# Don't Know What to Do



## swimmerclimber (Nov 10, 2011)

I am 30 and my wife is 32. We have been married for three years. We have no kids and no meaningful shared financial assets. 

We dated for a little over a year before getting married. She is from eastern Europe and after a year of dating told me that if I loved her I would marry her so she could have a more normal life in the US (at the time she was on a student visa and working as a nanny). She told me that if I was unwilling to do this, she would find someone else who would. At the time I was very much in love with her and couldn't imagine her leaving, so I said yes.

Shortly after marriage she told me that she had never really enjoyed sex with me and could live without sex at all. I enjoy sex a lot and I was very hurt as I try to be a very attentive lover. We still have sex a couple times a month, but most of the time it's pretty joyless.

She's changed over the last few years as well, going from a very outgoing and adventurous person to a fairly conservative homebody. Before we were married she had plans for a career and now she just wants to stay at home and be a housewife. I had been open to having kids earlier, but now the idea of committing to 20 years of this relationship freaks me out.

She's also jealous, and my circle of friends has significantly narrowed due to her influence. Because I spend most of my time with her, I'm realizing that it's more important to me to have common interests with my romantic partner than I had thought.

We were on vacation a month ago, and all of a sudden something clicked in my mind and I realized that I was unhappy in my marriage. I realized that we didn't have much of physical or intellectual connection, and that the emotional connection was dying out, too.

I feel horrible putting this into words, but it's been going through my head for a while. Am I being selfish? Should I learn to live with the fact that sex will be mediocre and we have few common interests?

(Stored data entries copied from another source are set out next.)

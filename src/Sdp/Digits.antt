-- ===== src/Sdp/Digits.antt =====
-- Numbers in decimal, read back by `>>` with what follows them.
use native.Mathlib.Nat.{pow-suc}
use cpp_meet.Common.{
  ℕ, zero, suc, ◌+◌, ◌-◌, ◌*◌, ◌/◌, ◌%◌, ◌^◌, ◌≤◌, ◌<◌, ◌≡◌, ◌≢◌, refl, ap, ◌∙◌, Bool, true, false,
  List, [], ◌∷◌, ◌++◌, ◌==◌, arith, ltb, if◌then◌else◌, if_elim, none, some, All, All-append,
  ltb→lt,
}
use cpp_meet.Common.Decimal.{decimal, digits, is_digit, read_digits, read_magnitude, read_number}
use cpp_meet.Wire.{Bytes}

abbrev pub IsDigit : ℕ → Type 0
IsDigit c = (b'0' ≤ c) × (c ≤ b'9')

-- What the digits add up to behind the number `n`.
abbrev folded : ℕ → Bytes → ℕ
folded n [] = n
folded n (c ∷ cs) = folded (n * 10 + (c - b'0')) cs

folded-append : (n : ℕ) (xs ys : Bytes) → folded n (xs ++ ys) ≡ folded (folded n xs) ys
folded-append n [] ys = refl
folded-append n (x ∷ xs) ys = folded-append (n * 10 + (x - b'0')) xs ys

pub digits-IsDigit : (fuel n : ℕ) → All IsDigit (digits fuel n)
unfolding digits
digits-IsDigit zero n = tt
digits-IsDigit (suc fuel) n =
    if_elim (All IsDigit) (ltb n 10) ((b'0' + n) ∷ [])
      (digits fuel (n / 10) ++ ((b'0' + n % 10) ∷ []))
      (λ e. let small = ltb→lt n 10 e in ((omega arith, omega arith), tt))
      (λ e.
        All-append IsDigit (digits fuel (n / 10)) _ (digits-IsDigit fuel (n / 10))
          ((omega arith, omega arith), tt))

folded-digits : (fuel n : ℕ) → n < 10 ^ fuel → folded 0 (digits fuel n) ≡ n
unfolding digits
folded-digits zero n h = omega arith
folded-digits (suc fuel) n h =
    if_elim (λ t. folded 0 t ≡ n) (ltb n 10) ((b'0' + n) ∷ [])
      (digits fuel (n / 10) ++ ((b'0' + n % 10) ∷ [])) (λ e. omega arith)
      (λ e.
        folded-append 0 (digits fuel (n / 10)) ((b'0' + n % 10) ∷ [])
        ∙ ap (λ t. t * 10 + (b'0' + n % 10 - b'0'))
            (folded-digits fuel (n / 10) (omega (arith, h, pow-suc 10 fuel)))
        ∙ omega arith)

append_one_nonempty {ℓ} : {A : Type ℓ} (xs : List A) (y : A) → (xs ++ (y ∷ [])) ≢ []
append_one_nonempty [] y e = cc
append_one_nonempty (x ∷ xs) y e = cc

pub digits_nonempty : (fuel n : ℕ) → digits (suc fuel) n ≢ []
unfolding digits
digits_nonempty fuel n =
    if_elim (λ t. t ≢ []) (ltb n 10) ((b'0' + n) ∷ [])
      (digits fuel (n / 10) ++ ((b'0' + n % 10) ∷ [])) (λ e f. cc)
      (λ e. append_one_nonempty (digits fuel (n / 10)) (b'0' + n % 10))

IsDigit-is_digit : (c : ℕ) → IsDigit c → is_digit c ≡ true
unfolding is_digit
IsDigit-is_digit c h = ground arith

read_digits-append :
    (n : ℕ) (xs ys : Bytes)
    → All IsDigit xs
    → read_digits n (xs ++ ys) ≡ read_digits (folded n xs) ys
unfolding read_digits
read_digits-append n [] ys h = refl
read_digits-append n (x ∷ xs) ys (d, h) =
    ap (λ b. if b then read_digits (n * 10 + (x - b'0')) (xs ++ ys) else (n, x ∷ (xs ++ ys)))
      (IsDigit-is_digit x d)
    ∙ read_digits-append (n * 10 + (x - b'0')) xs ys h

-- A text that does not go on with a digit.
abbrev pub IsBreak : Bytes → Type 0
IsBreak [] = Unit {0}
IsBreak (c ∷ cs) = is_digit c ≡ false

read_digits_break : (n : ℕ) (rest : Bytes) → IsBreak rest → read_digits n rest ≡ (n, rest)
unfolding read_digits
read_digits_break n [] h = refl
read_digits_break n (c ∷ cs) h =
    ap (λ b. if b then read_digits (n * 10 + (c - b'0')) cs else (n, c ∷ cs)) h

-- Digits behind each other are read as a number.
read_magnitude-folded :
    (negative : Bool) (xs rest : Bytes)
    → xs ≢ []
    → All IsDigit xs
    → IsBreak rest
    → read_magnitude negative (xs ++ rest) ≡ some (negative, (folded 0 xs, rest))
unfolding read_magnitude
read_magnitude-folded negative [] rest n h b = absurd (n refl)
read_magnitude-folded negative (x ∷ xs) rest n (d, h) b =
    ap (λ t. if t then some (negative, read_digits 0 (x ∷ (xs ++ rest))) else none)
      (IsDigit-is_digit x d)
    ∙ ap (λ t. some (negative, t))
        (read_digits-append 0 (x ∷ xs) rest (d, h) ∙ read_digits_break (folded 0 (x ∷ xs)) rest b)

read_number-folded :
    (xs rest : Bytes)
    → xs ≢ []
    → All IsDigit xs
    → IsBreak rest
    → read_number (xs ++ rest) ≡ some (false, (folded 0 xs, rest))
unfolding read_number
read_number-folded [] rest n h b = absurd (n refl)
read_number-folded (x ∷ xs) rest n (d, h) b =
    ap
      (λ t.
        if t
        then read_magnitude true (xs ++ rest)
        else (if x == b'+'
            then read_magnitude false (xs ++ rest)
            else read_magnitude false (x ∷ (xs ++ rest))))
      (sign x b'-' (omega arith))
    ∙ ap
        (λ t.
          if t then read_magnitude false (xs ++ rest) else read_magnitude false (x ∷ (xs ++ rest)))
        (sign x b'+' (omega arith))
    ∙ read_magnitude-folded false (x ∷ xs) rest n (d, h) b
  where
    sign : (a c : ℕ) → c < a → (a == c) ≡ false
    sign a c h = ground arith

pub read_number-decimal :
    (n : ℕ) (rest : Bytes)
    → n < 10 ^ 20
    → IsBreak rest
    → read_number (decimal n ++ rest) ≡ some (false, (n, rest))
unfolding decimal
read_number-decimal n rest h b =
    read_number-folded (digits 20 n) rest (digits_nonempty 19 n) (digits-IsDigit 20 n) b
    ∙ ap (λ t. some (false, (t, rest))) (folded-digits 20 n h)

pub read_number-negative :
    (n : ℕ) (rest : Bytes)
    → n < 10 ^ 20
    → IsBreak rest
    → read_number (b'-' ∷ (decimal n ++ rest)) ≡ some (true, (n, rest))
unfolding decimal read_number
read_number-negative n rest h b =
    read_magnitude-folded true (digits 20 n) rest (digits_nonempty 19 n) (digits-IsDigit 20 n) b
    ∙ ap (λ t. some (true, (t, rest))) (folded-digits 20 n h)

Should I leave before things get more serious (kids, for example)?


----------



## RunningOnEmpty (Aug 29, 2010)

swimmerclimber said:


> Am I being selfish?


No.


swimmerclimber said:


> Should I learn to live with the fact that sex will be mediocre and we have few common interests?


No.


swimmerclimber said:


> Should I leave before things get more serious (kids, for example)?


Yes.


----------



## Shaggy (Jul 17, 2011)

Sounds like she worked hard to get a better life for herself, unfortunately once she got it she quit putting the effort in.

One thing to consider is your behavior. It may be too soft fior her. How would men from her culture react znd treat a wife? It is very possible that she has thrown out tests for you and you are responding in nice guy American hubby ways and failing.
_Posted via Mobile Device_


----------